Please say how many lines in the records below contain the word "ffmpeg", giving only the number.
(Given information)
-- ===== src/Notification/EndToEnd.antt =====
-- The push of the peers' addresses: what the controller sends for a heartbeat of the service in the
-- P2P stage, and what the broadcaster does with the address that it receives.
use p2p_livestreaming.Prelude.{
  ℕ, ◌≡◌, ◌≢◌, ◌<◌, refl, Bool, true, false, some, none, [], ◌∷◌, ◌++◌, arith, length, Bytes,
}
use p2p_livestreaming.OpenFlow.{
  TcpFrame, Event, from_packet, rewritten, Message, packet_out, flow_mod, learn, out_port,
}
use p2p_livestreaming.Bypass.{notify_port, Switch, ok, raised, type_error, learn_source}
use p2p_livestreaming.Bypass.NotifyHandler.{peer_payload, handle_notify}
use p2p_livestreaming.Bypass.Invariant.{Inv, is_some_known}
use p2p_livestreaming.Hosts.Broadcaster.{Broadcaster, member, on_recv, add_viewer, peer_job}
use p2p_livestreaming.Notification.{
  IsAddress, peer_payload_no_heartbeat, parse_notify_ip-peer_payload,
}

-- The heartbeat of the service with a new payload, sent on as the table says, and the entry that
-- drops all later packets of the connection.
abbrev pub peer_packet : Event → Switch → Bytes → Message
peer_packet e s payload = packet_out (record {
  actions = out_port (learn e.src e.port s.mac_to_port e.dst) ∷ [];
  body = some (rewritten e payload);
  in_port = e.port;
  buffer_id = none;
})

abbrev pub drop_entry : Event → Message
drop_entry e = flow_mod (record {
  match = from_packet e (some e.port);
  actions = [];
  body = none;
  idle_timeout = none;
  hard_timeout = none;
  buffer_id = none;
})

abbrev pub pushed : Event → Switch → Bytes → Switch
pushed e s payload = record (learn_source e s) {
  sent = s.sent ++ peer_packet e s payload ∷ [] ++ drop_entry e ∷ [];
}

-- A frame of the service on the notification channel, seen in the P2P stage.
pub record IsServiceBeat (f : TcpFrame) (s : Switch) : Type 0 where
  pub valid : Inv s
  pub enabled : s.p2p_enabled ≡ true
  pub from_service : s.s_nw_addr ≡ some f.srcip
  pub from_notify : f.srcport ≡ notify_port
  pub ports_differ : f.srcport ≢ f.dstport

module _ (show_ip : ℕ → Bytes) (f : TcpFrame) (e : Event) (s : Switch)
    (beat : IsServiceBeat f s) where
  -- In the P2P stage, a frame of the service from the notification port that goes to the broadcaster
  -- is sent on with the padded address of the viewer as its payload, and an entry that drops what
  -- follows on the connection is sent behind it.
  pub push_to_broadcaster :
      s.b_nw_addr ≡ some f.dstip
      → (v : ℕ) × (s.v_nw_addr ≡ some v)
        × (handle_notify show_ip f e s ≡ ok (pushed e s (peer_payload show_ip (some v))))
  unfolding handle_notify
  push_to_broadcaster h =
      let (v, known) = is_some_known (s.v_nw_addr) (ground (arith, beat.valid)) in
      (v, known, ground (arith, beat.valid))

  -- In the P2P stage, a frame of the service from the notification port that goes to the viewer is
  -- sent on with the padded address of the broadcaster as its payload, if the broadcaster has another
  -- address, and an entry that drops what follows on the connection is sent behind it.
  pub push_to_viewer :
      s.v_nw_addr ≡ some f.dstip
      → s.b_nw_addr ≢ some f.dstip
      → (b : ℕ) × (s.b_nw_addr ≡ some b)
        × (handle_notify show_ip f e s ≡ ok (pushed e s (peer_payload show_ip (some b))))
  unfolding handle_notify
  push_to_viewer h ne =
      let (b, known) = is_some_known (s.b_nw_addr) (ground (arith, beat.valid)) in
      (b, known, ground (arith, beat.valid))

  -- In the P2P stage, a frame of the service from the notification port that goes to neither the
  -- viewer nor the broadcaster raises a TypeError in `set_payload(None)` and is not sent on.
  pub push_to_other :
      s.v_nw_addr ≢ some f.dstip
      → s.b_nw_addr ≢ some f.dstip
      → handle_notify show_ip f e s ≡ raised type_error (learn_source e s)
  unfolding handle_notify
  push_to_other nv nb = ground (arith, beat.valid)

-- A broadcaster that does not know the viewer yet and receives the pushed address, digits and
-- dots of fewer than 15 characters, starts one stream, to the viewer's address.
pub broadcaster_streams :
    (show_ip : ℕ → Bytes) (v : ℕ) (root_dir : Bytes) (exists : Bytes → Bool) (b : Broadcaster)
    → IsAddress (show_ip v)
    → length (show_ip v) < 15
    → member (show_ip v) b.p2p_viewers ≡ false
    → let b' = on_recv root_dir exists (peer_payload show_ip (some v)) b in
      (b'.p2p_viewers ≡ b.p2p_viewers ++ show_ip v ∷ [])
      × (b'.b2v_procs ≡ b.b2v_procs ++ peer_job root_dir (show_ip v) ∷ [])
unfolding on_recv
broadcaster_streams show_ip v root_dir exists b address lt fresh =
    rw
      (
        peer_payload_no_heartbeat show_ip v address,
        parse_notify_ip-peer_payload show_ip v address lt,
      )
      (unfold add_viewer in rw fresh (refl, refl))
(End Given information)
(Given information)
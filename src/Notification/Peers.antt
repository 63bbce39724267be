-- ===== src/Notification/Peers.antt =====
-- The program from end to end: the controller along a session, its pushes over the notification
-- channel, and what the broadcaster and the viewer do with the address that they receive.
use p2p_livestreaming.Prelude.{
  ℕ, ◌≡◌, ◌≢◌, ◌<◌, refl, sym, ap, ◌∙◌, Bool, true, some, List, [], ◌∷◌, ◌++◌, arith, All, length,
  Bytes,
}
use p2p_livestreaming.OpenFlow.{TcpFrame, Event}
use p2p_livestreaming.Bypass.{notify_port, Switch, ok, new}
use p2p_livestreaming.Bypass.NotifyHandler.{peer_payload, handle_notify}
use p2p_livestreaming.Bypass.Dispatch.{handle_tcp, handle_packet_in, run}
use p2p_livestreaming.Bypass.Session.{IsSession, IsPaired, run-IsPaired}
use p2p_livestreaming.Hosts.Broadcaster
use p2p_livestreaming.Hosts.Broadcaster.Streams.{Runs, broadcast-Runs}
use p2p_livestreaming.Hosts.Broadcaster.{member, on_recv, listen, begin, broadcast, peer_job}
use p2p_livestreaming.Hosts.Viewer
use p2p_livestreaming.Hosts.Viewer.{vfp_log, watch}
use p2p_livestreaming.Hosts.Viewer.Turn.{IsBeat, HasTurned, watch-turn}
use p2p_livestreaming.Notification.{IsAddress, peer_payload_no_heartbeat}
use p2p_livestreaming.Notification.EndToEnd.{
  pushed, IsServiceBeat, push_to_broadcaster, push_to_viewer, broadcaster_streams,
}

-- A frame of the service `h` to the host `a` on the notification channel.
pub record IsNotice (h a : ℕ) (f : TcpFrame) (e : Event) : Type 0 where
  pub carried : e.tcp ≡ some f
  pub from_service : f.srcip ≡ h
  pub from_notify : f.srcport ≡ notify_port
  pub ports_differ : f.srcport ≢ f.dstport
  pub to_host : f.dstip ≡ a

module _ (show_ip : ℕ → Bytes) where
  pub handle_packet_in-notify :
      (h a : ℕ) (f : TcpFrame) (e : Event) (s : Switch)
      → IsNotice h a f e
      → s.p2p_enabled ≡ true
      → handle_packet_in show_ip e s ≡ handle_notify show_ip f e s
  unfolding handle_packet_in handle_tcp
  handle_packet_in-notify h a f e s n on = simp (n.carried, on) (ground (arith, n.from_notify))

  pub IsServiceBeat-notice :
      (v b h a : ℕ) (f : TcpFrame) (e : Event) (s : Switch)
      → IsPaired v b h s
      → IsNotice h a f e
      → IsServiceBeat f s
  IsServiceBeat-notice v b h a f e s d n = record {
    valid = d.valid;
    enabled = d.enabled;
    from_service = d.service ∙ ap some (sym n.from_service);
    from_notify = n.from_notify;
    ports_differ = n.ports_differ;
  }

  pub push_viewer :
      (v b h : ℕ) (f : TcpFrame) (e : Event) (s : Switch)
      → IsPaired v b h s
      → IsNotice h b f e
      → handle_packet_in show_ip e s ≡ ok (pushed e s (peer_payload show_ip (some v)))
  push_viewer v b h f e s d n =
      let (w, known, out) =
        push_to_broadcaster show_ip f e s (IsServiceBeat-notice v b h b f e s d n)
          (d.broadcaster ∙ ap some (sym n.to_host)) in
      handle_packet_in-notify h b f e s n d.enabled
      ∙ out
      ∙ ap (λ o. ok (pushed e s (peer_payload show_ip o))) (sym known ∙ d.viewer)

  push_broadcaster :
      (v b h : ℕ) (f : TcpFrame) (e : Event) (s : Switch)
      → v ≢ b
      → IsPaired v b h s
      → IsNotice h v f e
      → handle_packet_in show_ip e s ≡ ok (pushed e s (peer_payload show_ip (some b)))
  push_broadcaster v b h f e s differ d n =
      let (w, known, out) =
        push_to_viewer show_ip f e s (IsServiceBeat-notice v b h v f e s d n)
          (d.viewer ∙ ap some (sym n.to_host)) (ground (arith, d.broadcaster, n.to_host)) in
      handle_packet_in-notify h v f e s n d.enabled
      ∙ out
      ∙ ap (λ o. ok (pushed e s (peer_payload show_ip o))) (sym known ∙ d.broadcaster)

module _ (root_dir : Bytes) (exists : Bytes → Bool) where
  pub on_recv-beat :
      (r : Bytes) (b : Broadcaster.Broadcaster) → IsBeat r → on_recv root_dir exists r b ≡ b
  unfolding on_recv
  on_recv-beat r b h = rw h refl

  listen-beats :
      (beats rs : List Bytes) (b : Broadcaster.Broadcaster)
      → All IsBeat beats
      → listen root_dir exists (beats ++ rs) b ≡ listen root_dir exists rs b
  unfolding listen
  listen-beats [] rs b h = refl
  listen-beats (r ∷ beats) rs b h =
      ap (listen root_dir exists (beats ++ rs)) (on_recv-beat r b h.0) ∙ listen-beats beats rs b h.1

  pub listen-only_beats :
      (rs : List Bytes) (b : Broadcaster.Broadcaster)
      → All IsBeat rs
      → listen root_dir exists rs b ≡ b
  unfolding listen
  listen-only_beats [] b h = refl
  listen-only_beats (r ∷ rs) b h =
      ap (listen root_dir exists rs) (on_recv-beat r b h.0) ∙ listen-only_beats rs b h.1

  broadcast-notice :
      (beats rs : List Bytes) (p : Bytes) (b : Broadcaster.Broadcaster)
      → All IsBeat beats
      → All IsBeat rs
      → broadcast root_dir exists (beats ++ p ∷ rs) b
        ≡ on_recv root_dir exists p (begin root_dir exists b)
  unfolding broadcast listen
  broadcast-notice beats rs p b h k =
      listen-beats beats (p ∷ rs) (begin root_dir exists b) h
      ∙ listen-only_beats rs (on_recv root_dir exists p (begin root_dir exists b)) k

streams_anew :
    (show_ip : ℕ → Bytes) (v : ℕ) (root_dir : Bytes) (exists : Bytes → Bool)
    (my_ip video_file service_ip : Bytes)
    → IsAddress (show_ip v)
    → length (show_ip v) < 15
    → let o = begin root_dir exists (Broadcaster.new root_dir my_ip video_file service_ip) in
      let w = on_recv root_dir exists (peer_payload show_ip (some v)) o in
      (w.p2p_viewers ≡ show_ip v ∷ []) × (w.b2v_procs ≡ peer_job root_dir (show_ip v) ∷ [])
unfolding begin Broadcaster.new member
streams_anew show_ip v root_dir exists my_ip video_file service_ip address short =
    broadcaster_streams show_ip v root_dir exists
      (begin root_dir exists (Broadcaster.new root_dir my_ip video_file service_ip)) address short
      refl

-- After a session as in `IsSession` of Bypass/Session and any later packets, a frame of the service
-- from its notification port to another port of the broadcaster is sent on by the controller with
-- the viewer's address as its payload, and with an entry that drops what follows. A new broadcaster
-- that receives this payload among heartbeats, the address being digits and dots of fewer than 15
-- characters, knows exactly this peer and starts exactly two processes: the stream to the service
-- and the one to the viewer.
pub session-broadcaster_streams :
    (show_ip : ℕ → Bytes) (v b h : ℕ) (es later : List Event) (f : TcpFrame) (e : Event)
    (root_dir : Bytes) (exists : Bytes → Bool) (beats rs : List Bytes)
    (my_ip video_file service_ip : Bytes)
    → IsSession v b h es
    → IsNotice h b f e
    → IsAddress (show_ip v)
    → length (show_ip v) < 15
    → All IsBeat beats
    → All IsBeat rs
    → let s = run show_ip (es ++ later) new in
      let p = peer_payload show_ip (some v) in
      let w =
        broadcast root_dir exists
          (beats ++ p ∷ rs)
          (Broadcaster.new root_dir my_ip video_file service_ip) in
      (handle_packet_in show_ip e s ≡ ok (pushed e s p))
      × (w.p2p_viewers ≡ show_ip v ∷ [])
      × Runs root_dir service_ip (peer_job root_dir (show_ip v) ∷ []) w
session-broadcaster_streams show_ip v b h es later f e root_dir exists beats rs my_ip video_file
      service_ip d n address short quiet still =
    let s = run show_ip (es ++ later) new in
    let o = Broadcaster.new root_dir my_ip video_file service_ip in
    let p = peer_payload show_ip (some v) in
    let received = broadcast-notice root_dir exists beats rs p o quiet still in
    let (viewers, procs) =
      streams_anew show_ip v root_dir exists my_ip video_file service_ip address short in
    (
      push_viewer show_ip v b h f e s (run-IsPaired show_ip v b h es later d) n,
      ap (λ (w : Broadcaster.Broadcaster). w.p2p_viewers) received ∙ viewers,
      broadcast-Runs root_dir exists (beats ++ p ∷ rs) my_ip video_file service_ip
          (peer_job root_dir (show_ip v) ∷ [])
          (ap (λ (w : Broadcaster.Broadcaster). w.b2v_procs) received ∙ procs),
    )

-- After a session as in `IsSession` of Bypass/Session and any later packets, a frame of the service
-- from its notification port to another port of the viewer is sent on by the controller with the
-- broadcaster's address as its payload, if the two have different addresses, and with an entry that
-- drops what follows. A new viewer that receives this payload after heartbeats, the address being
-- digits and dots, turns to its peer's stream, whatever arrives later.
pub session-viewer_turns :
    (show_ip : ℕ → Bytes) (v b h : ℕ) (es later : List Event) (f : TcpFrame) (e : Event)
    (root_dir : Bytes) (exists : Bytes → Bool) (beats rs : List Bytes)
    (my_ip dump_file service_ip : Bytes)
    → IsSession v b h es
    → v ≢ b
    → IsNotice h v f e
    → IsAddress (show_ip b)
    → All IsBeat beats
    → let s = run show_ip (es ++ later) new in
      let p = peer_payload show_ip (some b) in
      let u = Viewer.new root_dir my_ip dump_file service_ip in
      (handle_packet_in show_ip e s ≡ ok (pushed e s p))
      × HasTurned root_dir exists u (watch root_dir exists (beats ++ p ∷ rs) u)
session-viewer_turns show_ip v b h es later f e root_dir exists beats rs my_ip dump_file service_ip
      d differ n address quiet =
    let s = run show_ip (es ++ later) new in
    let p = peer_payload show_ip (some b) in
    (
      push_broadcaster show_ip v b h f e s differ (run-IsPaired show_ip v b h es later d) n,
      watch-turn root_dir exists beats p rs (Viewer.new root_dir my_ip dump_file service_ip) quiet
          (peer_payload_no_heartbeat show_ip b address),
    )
(End Given information)
(Given information)
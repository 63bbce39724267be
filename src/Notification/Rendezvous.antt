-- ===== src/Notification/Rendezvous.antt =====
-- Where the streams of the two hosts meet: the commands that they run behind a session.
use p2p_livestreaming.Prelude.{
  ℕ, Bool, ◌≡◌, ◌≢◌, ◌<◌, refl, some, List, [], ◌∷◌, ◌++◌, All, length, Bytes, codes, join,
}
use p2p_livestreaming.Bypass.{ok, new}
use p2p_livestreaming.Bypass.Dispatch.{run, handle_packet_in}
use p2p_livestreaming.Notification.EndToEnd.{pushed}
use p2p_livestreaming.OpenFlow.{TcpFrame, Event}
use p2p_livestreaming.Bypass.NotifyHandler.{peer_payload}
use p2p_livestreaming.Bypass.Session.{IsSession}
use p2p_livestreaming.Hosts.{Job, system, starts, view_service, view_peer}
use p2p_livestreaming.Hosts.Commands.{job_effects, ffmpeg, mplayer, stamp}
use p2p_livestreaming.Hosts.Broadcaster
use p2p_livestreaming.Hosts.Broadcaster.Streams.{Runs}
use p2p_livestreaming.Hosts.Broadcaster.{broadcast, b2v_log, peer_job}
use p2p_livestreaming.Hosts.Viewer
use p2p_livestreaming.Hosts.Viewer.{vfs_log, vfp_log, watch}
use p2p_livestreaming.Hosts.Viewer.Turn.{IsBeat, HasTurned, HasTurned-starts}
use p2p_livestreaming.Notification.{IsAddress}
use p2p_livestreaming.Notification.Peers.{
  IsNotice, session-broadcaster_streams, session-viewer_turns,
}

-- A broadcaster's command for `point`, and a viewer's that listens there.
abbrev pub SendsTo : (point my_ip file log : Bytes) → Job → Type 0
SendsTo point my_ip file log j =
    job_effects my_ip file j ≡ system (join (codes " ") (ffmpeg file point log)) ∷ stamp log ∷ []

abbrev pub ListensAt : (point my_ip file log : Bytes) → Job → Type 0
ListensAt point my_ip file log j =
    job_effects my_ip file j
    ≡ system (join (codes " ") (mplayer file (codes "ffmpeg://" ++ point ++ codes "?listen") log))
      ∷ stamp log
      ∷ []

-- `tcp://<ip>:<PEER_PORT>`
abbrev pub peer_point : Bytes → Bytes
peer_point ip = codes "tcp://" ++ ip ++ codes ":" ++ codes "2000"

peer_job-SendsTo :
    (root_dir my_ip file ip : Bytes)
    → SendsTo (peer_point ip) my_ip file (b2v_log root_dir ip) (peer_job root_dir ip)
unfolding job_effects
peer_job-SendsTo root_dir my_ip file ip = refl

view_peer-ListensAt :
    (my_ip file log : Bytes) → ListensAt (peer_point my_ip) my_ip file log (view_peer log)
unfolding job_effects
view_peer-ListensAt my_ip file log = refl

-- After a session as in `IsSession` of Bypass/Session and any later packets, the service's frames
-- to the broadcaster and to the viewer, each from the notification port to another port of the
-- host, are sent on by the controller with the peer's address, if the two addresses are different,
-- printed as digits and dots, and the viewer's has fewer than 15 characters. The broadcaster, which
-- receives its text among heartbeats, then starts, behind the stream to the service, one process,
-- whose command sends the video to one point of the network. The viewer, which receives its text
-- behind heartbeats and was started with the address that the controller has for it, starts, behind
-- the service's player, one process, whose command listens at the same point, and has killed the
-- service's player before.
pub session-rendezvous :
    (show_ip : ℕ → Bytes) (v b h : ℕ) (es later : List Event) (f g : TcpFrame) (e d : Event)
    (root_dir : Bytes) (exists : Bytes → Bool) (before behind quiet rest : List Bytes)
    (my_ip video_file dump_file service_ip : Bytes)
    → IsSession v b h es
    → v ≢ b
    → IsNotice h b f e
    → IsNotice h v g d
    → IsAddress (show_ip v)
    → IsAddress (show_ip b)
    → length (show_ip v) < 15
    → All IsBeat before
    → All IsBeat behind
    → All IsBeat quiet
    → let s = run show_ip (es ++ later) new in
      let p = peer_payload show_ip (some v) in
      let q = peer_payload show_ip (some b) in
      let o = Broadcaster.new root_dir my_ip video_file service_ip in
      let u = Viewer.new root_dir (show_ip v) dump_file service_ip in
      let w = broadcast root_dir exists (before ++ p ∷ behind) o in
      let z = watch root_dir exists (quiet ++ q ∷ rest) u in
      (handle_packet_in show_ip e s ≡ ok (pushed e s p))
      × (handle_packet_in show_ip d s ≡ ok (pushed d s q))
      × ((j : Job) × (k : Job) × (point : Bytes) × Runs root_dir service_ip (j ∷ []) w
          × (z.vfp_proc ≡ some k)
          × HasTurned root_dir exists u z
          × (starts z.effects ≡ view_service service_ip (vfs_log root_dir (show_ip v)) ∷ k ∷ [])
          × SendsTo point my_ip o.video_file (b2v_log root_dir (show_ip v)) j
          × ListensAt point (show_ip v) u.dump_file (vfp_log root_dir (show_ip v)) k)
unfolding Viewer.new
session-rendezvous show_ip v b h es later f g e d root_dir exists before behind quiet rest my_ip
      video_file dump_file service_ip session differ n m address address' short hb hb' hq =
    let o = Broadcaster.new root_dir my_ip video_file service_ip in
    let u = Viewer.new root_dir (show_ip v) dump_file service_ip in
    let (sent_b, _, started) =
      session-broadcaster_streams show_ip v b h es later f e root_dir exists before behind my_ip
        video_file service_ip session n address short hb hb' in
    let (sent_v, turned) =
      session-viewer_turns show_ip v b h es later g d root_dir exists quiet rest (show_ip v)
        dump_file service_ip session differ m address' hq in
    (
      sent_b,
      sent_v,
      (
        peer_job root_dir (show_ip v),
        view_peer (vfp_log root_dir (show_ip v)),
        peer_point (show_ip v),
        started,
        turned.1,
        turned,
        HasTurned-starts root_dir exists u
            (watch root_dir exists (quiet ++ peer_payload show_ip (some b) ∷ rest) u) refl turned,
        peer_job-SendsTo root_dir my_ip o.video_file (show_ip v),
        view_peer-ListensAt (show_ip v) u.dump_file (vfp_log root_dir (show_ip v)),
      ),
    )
(End Given information)
— Answer space —
3